Brazil has been examining its dark past through the work of the Brazilian National Truth Commission, and the 43 documents turned over by Biden are meant to help the commission uncover the dirty deeds of the recent past. As the National Security Archive notes, these records report on “secret torture detention centers in Sao Paulo, the military’s counter-subversion operations, and Brazil’s hostile reaction in 1977 to the first State Department human rights report on abuses.”

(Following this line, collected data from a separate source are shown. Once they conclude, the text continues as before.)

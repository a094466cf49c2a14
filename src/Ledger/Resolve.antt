-- ===== src/Ledger/Resolve.antt =====
-- Closing a discrepancy (internal/ledger/reconcile.go, `ResolveDiscrepancy`): a compare-and-set on
-- an open row.
use payment_engine_v.Base.{
  inr, inl, Bool-cases, some, ℕ, Bool, true, false, ◌&&◌, ◌||◌, none, String, List, [], ◌∷◌, ◌==◌,
  ◌≡◌, ◌↔◌, refl, arith, if◌then◌else◌,
}
use payment_engine_v.Db.{ok, err}
use payment_engine_v.Ledger.Tables.{Discrepancy, Tables}
use payment_engine_v.Ledger.Reconcile.{
  discrepancy_already_resolved, is_open, resolve_rows, resolve_statement, resolve_discrepancy,
}

-- An open row with the id.
abbrev pub is_open_id : ℕ → List Discrepancy → Bool
is_open_id id [] = false
is_open_id id (d ∷ rows) = (d.id == id && is_open d.resolved_at) || is_open_id id rows

-- The statement finds a row exactly if one is open, and leaves none open.
resolve_rows_lem :
    (id admin : ℕ) (note : String) (now : ℕ) (rows : List Discrepancy)
    → let (found, rest) = resolve_rows id admin note now rows in
      (is_open_id id rest ≡ false)
      × ((found ≡ none) ↔ (is_open_id id rows ≡ false))
      × (is_open_id id rows ≡ false → rest ≡ rows)
unfolding resolve_rows
resolve_rows_lem id admin note now [] = (refl, (λ _. refl, λ _. refl), λ _. refl)
resolve_rows_lem id admin note now (d ∷ rows) =
    ground (arith, resolve_rows_lem id admin note now rows)

-- What the admin's review has written on a row.
pub record IsResolved (id admin : ℕ) (note : String) (now : ℕ) (d : Discrepancy) : Type 0 where
  pub same : d.id ≡ id
  pub at : d.resolved_at ≡ some now
  pub by : d.resolved_by ≡ some admin
  pub noted : d.resolution_note ≡ some note

resolve_rows-open :
    (id admin : ℕ) (note : String) (now : ℕ) (rows : List Discrepancy)
    → is_open_id id rows ≡ true
    → (d : Discrepancy) × ((resolve_rows id admin note now rows).0 ≡ some d)
      × IsResolved id admin note now d
unfolding resolve_rows
resolve_rows-open id admin note now [] h = cc
resolve_rows-open id admin note now (d ∷ rows) h =
    elim (Bool-cases (d.id == id && is_open d.resolved_at)) [
      | inl p ↦ (
        record d { resolved_at = some now; resolved_by = some admin; resolution_note = some note },
        rw p refl,
        record { same = ground (arith, p); at = refl; by = refl; noted = refl },
      )
      | inr q ↦
          let (d', p, closed) =
            resolve_rows-open id admin note now rows (rw (is_open_id, q) at h) in
          (d', rw q p, closed)
    ]

-- The other rows stay: those of another id, and those that were closed.
abbrev pub open_others : ℕ → List Discrepancy → List Discrepancy
open_others id [] = []
open_others id (d ∷ rows) = if d.id == id then open_others id rows else d ∷ open_others id rows

open_others-resolve_rows :
    (id admin : ℕ) (note : String) (now : ℕ) (rows : List Discrepancy)
    → open_others id (resolve_rows id admin note now rows).1 ≡ open_others id rows
unfolding resolve_rows
open_others-resolve_rows id admin note now [] = refl
open_others-resolve_rows id admin note now (d ∷ rows) =
    ground (arith, open_others-resolve_rows id admin note now rows)

-- Where the database answers, closing a discrepancy that is not open is refused, and changes
-- nothing.
pub resolve_discrepancy_refused :
    (id admin : ℕ) (note : String) (now : ℕ) (s : Tables)
    → is_open_id id s.discrepancies ≡ false
    → resolve_discrepancy id admin note now s [] ≡ (err discrepancy_already_resolved, s, [])
unfolding resolve_discrepancy resolve_statement
resolve_discrepancy_refused id admin note now s shut =
    let (_, found, same) = resolve_rows_lem id admin note now s.discrepancies in
    rw (found.1 shut, same shut) refl

-- Where the database answers, closing an open discrepancy succeeds and returns a row of that id,
-- resolved now, by the admin and with the note; from then on every attempt to close it is refused;
-- and no row of another id, no balance and no entry has changed.
pub resolve_discrepancy_once :
    (id admin admin' : ℕ) (note note' : String) (now now' : ℕ) (s : Tables)
    → is_open_id id s.discrepancies ≡ true
    → let (r, s', _) = resolve_discrepancy id admin note now s [] in
      ((d : Discrepancy) × (r ≡ ok d) × IsResolved id admin note now d)
      × (resolve_discrepancy id admin' note' now' s' []
          ≡ (err discrepancy_already_resolved, s', []))
      × (open_others id s'.discrepancies ≡ open_others id s.discrepancies)
      × (s'.balances ≡ s.balances)
      × (s'.entries ≡ s.entries)
resolve_discrepancy_once id admin admin' note note' now now' s open' =
    let (shut, found, _) = resolve_rows_lem id admin note now s.discrepancies in
    let (d, p, closed) = resolve_rows-open id admin note now s.discrepancies open' in
    (
      unfold resolve_discrepancy resolve_statement in (d, rw p refl, closed),
      resolve_discrepancy_refused id admin' note' now' _
          (unfold resolve_discrepancy resolve_statement in shut),
      unfold resolve_discrepancy resolve_statement in
          open_others-resolve_rows id admin note now s.discrepancies,
      unfold resolve_discrepancy resolve_statement in refl,
      unfold resolve_discrepancy resolve_statement in refl,
    )
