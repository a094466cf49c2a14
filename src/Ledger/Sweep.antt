-- ===== src/Ledger/Sweep.antt =====
-- What the reconciliation sweep flags (internal/ledger/reconcile.go): nothing in a consistent
-- ledger, else exactly the accounts that have drifted, and each of them once.
use payment_engine_v.Base.{
  ◌↔◌, ℕ, ℤ, Bool, true, false, ◌||◌, Option, none, some, List, [], ◌∷◌, ◌==◌, if◌then◌else◌, ◌≡◌,
  ◌≢◌, refl, sym, ◌∙◌, ap, arith, ◌⊎◌, inl, inr, Option-cases,
}
use payment_engine_v.Db.{
  continue, Action, Answer, done, refused, lost, Result, ok, err, transaction,
}
use payment_engine_v.Ledger.Tables.{Tables, lookup_balance, or_zero}
use payment_engine_v.Ledger.Reconcile.{
  find_account, ReconcileError, Drift, drift_of, drifted, has_open, insert_discrepancy,
  publish_drift, publish, flag_body, flag_drift, flag_all, sweep_once, computed_balance,
}
use payment_engine_v.Ledger.Consistent.{IsConsistent, IsKeyed}

-- The tables with a drift flagged.
abbrev flag : Bool → ℕ → ℕ → Drift → Tables → Tables
flag bus id now d s =
    if bus then publish_drift d (insert_discrepancy id now d s) else insert_discrepancy id now d s

-- A call for one drift flags it, or changes nothing.
flag_drift_end :
    (bus : Bool) (id now : ℕ) (d : Drift) (s : Tables) (answers : List Answer)
    → let s' = (flag_drift bus id now d s answers).1 in
      (s' ≡ s) ⊎ ((has_open d.account_id s.discrepancies ≡ false) × (s' ≡ flag bus id now d s))
unfolding flag_drift flag_body publish transaction
flag_drift_end bus id now d s answers = ground arith

-- What the sweep never touches.
pub record IsFramed (s s' : Tables) : Type 0 where
  pub accounts : s'.accounts ≡ s.accounts
  pub transactions : s'.transactions ≡ s.transactions
  pub entries : s'.entries ≡ s.entries
  pub balances : s'.balances ≡ s.balances

IsFramed-refl : (s : Tables) → IsFramed s s
IsFramed-refl s = record { accounts = refl; transactions = refl; entries = refl; balances = refl }

flag-IsFramed :
    (bus : Bool) (id now : ℕ) (d : Drift) (s : Tables) → IsFramed s (flag bus id now d s)
flag-IsFramed bus id now d s = ground arith

flag_drift-IsFramed :
    (bus : Bool) (id now : ℕ) (d : Drift) (s : Tables) (answers : List Answer)
    → IsFramed s (flag_drift bus id now d s answers).1
flag_drift-IsFramed bus id now d s answers = elim (flag_drift_end bus id now d s answers) [
  | inl same ↦ rw same (IsFramed-refl s)
  | inr (_, new) ↦ rw new (flag-IsFramed bus id now d s)
]

IsFramed-trans : {s t u : Tables} → IsFramed s t → IsFramed t u → IsFramed s u
IsFramed-trans f g = record {
  accounts = g.accounts ∙ f.accounts;
  transactions = g.transactions ∙ f.transactions;
  entries = g.entries ∙ f.entries;
  balances = g.balances ∙ f.balances;
}

-- A step that keeps the frame, then another.
IsFramed-continue :
    (s : Tables) (r : Result ReconcileError Unit × Tables × List Answer)
    (next : Action ReconcileError Tables Unit)
    → IsFramed s r.1
    → ((t : Tables) (rest : List Answer) → IsFramed t (next t rest).1)
    → IsFramed s (continue r (λ _. next)).1
IsFramed-continue s (ok _, t, rest) next f g = IsFramed-trans f (g t rest)
IsFramed-continue s (err _, t, rest) next f g = f

flag_all-IsFramed :
    (bus : Bool) (draw : ℕ → ℕ) (now : ℕ) (ds : List Drift) (s : Tables) (answers : List Answer)
    → IsFramed s (flag_all bus draw now ds s answers).1
unfolding flag_all
flag_all-IsFramed bus draw now [] s answers = record {
  accounts = refl;
  transactions = refl;
  entries = refl;
  balances = refl;
}
flag_all-IsFramed bus draw now (d ∷ ds) s answers =
    IsFramed-continue s (flag_drift bus (draw d.account_id) now d s answers)
      (flag_all bus draw now ds) (flag_drift-IsFramed bus (draw d.account_id) now d s answers)
      (flag_all-IsFramed bus draw now ds)

sweep_once-IsFramed :
    (bus : Bool) (draw : ℕ → ℕ) (now : ℕ) (s : Tables) (answers : List Answer)
    → IsFramed s (sweep_once bus draw now s answers).1
unfolding sweep_once
sweep_once-IsFramed bus draw now s [] = flag_all-IsFramed bus draw now (drifted s s.balances) s []
sweep_once-IsFramed bus draw now s (done ∷ rest) =
    flag_all-IsFramed bus draw now (drifted s s.balances) s rest
sweep_once-IsFramed bus draw now s (refused ∷ rest) = IsFramed-refl s
sweep_once-IsFramed bus draw now s (lost ∷ rest) = IsFramed-refl s

drift_of-none :
    (s : Tables) (a : ℕ) (v : ℤ) → v ≡ computed_balance a s.entries → drift_of s a v ≡ none
unfolding drift_of
drift_of-none s a v e = ground arith

drifted_none :
    (s : Tables) (rows : List (ℕ × ℤ))
    → IsKeyed rows
    → ((a : ℕ) (v : ℤ) → lookup_balance a rows ≡ some v → v ≡ computed_balance a s.entries)
    → drifted s rows ≡ []
unfolding drifted
drifted_none s [] k h = refl
drifted_none s ((a, v) ∷ rows) k h =
    rw (drift_of-none s a v (h a v (ground arith)))
      (drifted_none s rows k.1 (λ b w e. h b w (ground arith)))

consistent_drifted : (s : Tables) → IsConsistent s → drifted s s.balances ≡ []
consistent_drifted s h =
    drifted_none s s.balances h.keyed (λ a v e. sym (ap or_zero e) ∙ h.cached a)

-- In a consistent ledger a sweep flags nothing: whatever the database answers, no table changes.
pub sweep_once_quiet :
    (bus : Bool) (draw : ℕ → ℕ) (now : ℕ) (s : Tables) (answers : List Answer)
    → IsConsistent s
    → (sweep_once bus draw now s answers).1 ≡ s
unfolding sweep_once flag_all
sweep_once_quiet bus draw now s [] h = rw (consistent_drifted s h) refl
sweep_once_quiet bus draw now s (done ∷ rest) h = rw (consistent_drifted s h) refl
sweep_once_quiet bus draw now s (refused ∷ rest) h = refl
sweep_once_quiet bus draw now s (lost ∷ rest) h = refl

-- Whatever the database answers, a sweep changes no account, transaction, entry or balance: it
-- flags and never repairs.
pub sweep_once_frame :
    (bus : Bool) (draw : ℕ → ℕ) (now : ℕ) (s : Tables) (answers : List Answer)
    → let s' = (sweep_once bus draw now s answers).1 in
      (s'.accounts ≡ s.accounts)
      × (s'.transactions ≡ s.transactions)
      × (s'.entries ≡ s.entries)
      × (s'.balances ≡ s.balances)
sweep_once_frame bus draw now s answers =
    let f = sweep_once-IsFramed bus draw now s answers in
    (f.accounts, f.transactions, f.entries, f.balances)

-- The tables after every drift of a list has been flagged.
unfoldable flagged : Bool → (ℕ → ℕ) → ℕ → List Drift → Tables → Tables
flagged bus draw now [] s = s
flagged bus draw now (d ∷ ds) s =
    flagged bus draw now ds
      (if has_open d.account_id s.discrepancies then s else flag bus (draw d.account_id) now d s)

flag_drift_done :
    (bus : Bool) (id now : ℕ) (d : Drift) (s : Tables)
    → flag_drift bus id now d s []
      ≡ (ok tt, if has_open d.account_id s.discrepancies then s else flag bus id now d s, [])
unfolding flag_drift flag_body publish transaction
flag_drift_done bus id now d s = ground arith

flag_all_done :
    (bus : Bool) (draw : ℕ → ℕ) (now : ℕ) (ds : List Drift) (s : Tables)
    → flag_all bus draw now ds s [] ≡ (ok tt, flagged bus draw now ds s, [])
unfolding flag_all flagged
flag_all_done bus draw now [] s = refl
flag_all_done bus draw now (d ∷ ds) s =
    rw (flag_drift_done bus (draw d.account_id) now d s) (flag_all_done bus draw now ds _)

abbrev names : ℕ → List Drift → Bool
names a [] = false
names a (d ∷ ds) = (d.account_id == a) || names a ds

has_open-flagged :
    (bus : Bool) (draw : ℕ → ℕ) (now a : ℕ) (ds : List Drift) (s : Tables)
    → has_open a (flagged bus draw now ds s).discrepancies
      ≡ (has_open a s.discrepancies || names a ds)
unfolding flagged has_open
has_open-flagged bus draw now a [] s = ground arith
has_open-flagged bus draw now a (d ∷ ds) s = ground (
  arith,
  has_open-flagged bus draw now a ds
      (if has_open d.account_id s.discrepancies then s else flag bus (draw d.account_id) now d s),
)

-- Whether an account has drifted: it has a row of accounts and a cached balance, which is not the
-- sum of its entries.
abbrev drift_at : Tables → ℕ → Option ℤ → Bool
drift_at s a none = false
drift_at s a (some v) = elim (drift_of s a v) [ none ↦ false | some _ ↦ true ]

names-drifted :
    (s : Tables) (a : ℕ) (rows : List (ℕ × ℤ))
    → IsKeyed rows
    → names a (drifted s rows) ≡ drift_at s a (lookup_balance a rows)
unfolding drifted drift_of
names-drifted s a [] k = refl
names-drifted s a ((b, v) ∷ rows) k = ground (arith, names-drifted s a rows k.1)

-- An account whose cached balance is not the sum of its entries.
abbrev pub IsDrifted : Tables → ℕ → Type 0
IsDrifted s a =
    (v : ℤ) × (lookup_balance a s.balances ≡ some v)
    × (v ≢ computed_balance a s.entries)
    × (find_account a s.accounts ≢ none)

drift_at_iff :
    (s : Tables) (a : ℕ) → (drift_at s a (lookup_balance a s.balances) ≡ true) ↔ IsDrifted s a
unfolding drift_of
drift_at_iff s a = elim (Option-cases (lookup_balance a s.balances)) [
  | inl missing ↦ rw missing (λ h. cc, λ h. cc (h.1))
  | inr (v, found) ↦
      rw found (λ h. (v, refl, λ e. ground arith, λ e. ground arith), λ h. ground arith)
]

or_true : (b : Bool) → (b || true) ≡ true
or_true true = refl
or_true false = refl

or_iff : {P : Type 0} (b c : Bool) → (c ≡ true) ↔ P → ((b || c) ≡ true) ↔ ((b ≡ true) ⊎ P)
or_iff true c h = (λ _. inl refl, λ _. refl)
or_iff false c h = (λ e. inr (h.0 e), λ d. elim d [ inl e ↦ cc | inr p ↦ h.1 p ])

-- Where the database answers every call, a sweep leaves an open discrepancy for exactly the
-- accounts that had one before and those whose cached balance is not the sum of their entries.
pub sweep_once_flags :
    (bus : Bool) (draw : ℕ → ℕ) (now a : ℕ) (s : Tables)
    → IsKeyed s.balances
    → (has_open a (sweep_once bus draw now s []).1.discrepancies ≡ true)
      ↔ ((has_open a s.discrepancies ≡ true) ⊎ IsDrifted s a)
unfolding sweep_once
sweep_once_flags bus draw now a s k = rw (flag_all_done bus draw now (drifted s s.balances) s) (
    rw (has_open-flagged bus draw now a (drifted s s.balances) s, names-drifted s a s.balances k)
      (or_iff (has_open a s.discrepancies) _ (drift_at_iff s a)))

drifted-IsFramed :
    (s t : Tables) (rows : List (ℕ × ℤ)) → IsFramed s t → drifted t rows ≡ drifted s rows
unfolding drifted drift_of
drifted-IsFramed s t [] f = refl
drifted-IsFramed s t ((a, v) ∷ rows) f =
    rw (f.accounts, f.entries, drifted-IsFramed s t rows f) refl

flagged_open :
    (bus : Bool) (draw : ℕ → ℕ) (now : ℕ) (ds : List Drift) (s : Tables)
    → ((a : ℕ) → names a ds ≡ true → has_open a s.discrepancies ≡ true)
    → flagged bus draw now ds s ≡ s
unfolding flagged
flagged_open bus draw now [] s h = refl
flagged_open bus draw now (d ∷ ds) s h =
    rw (h d.account_id (ground arith)) (flagged_open bus draw now ds s (λ a n. h a (ground arith)))

sweep_once_open :
    (bus : Bool) (draw : ℕ → ℕ) (now : ℕ) (s t : Tables)
    → IsFramed s t
    → ((a : ℕ) → names a (drifted s s.balances) ≡ true → has_open a t.discrepancies ≡ true)
    → (sweep_once bus draw now t []).1 ≡ t
unfolding sweep_once
sweep_once_open bus draw now s t f h =
    let same : drifted t t.balances ≡ drifted s s.balances =
      ap (drifted t) f.balances ∙ drifted-IsFramed s t s.balances f in
    rw (same, flag_all_done bus draw now (drifted s s.balances) t)
      (flagged_open bus draw now (drifted s s.balances) t h)

-- Where the database answers every call, a second sweep changes nothing: no drift is flagged, and
-- no event published, twice.
pub sweep_once_again :
    (bus : Bool) (draw draw' : ℕ → ℕ) (now now' : ℕ) (s : Tables)
    → let s' = (sweep_once bus draw now s []).1 in (sweep_once bus draw' now' s' []).1 ≡ s'
sweep_once_again bus draw draw' now now' s =
    sweep_once_open bus draw' now' s (sweep_once bus draw now s []).1
      (sweep_once-IsFramed bus draw now s [])
      (unfold sweep_once in
        λ a n.
          rw (flag_all_done bus draw now (drifted s s.balances) s)
            (has_open-flagged bus draw now a (drifted s s.balances) s ∙ rw n (or_true _)))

And one document stands out: a 1973 cable from the US embassy in Brazil to State Department headquarters titled, “Widespread Arrests and Psychophysical Interrogation of Suspected Subversives.” The report noted that arrests by military forces of regime critics—mostly university students—had recently increased, and that “the detainees are being subjected to an intensive psychophysical system of duress designed to extract information without doing visible, lasting harm to the body.” The cable reported that Brazilians suspected of being “hardened terrorists…are still being submitted to the older methods of physical violence”—such as the use of electrical shock devices and being tied to and hung from a suspended bar—”which sometimes cause death.” But the main point of the cable was that the Brazilian military had developed “a newer, more sophisticated and elaborate psychophysical duress system…to intimidate and terrify the suspect.”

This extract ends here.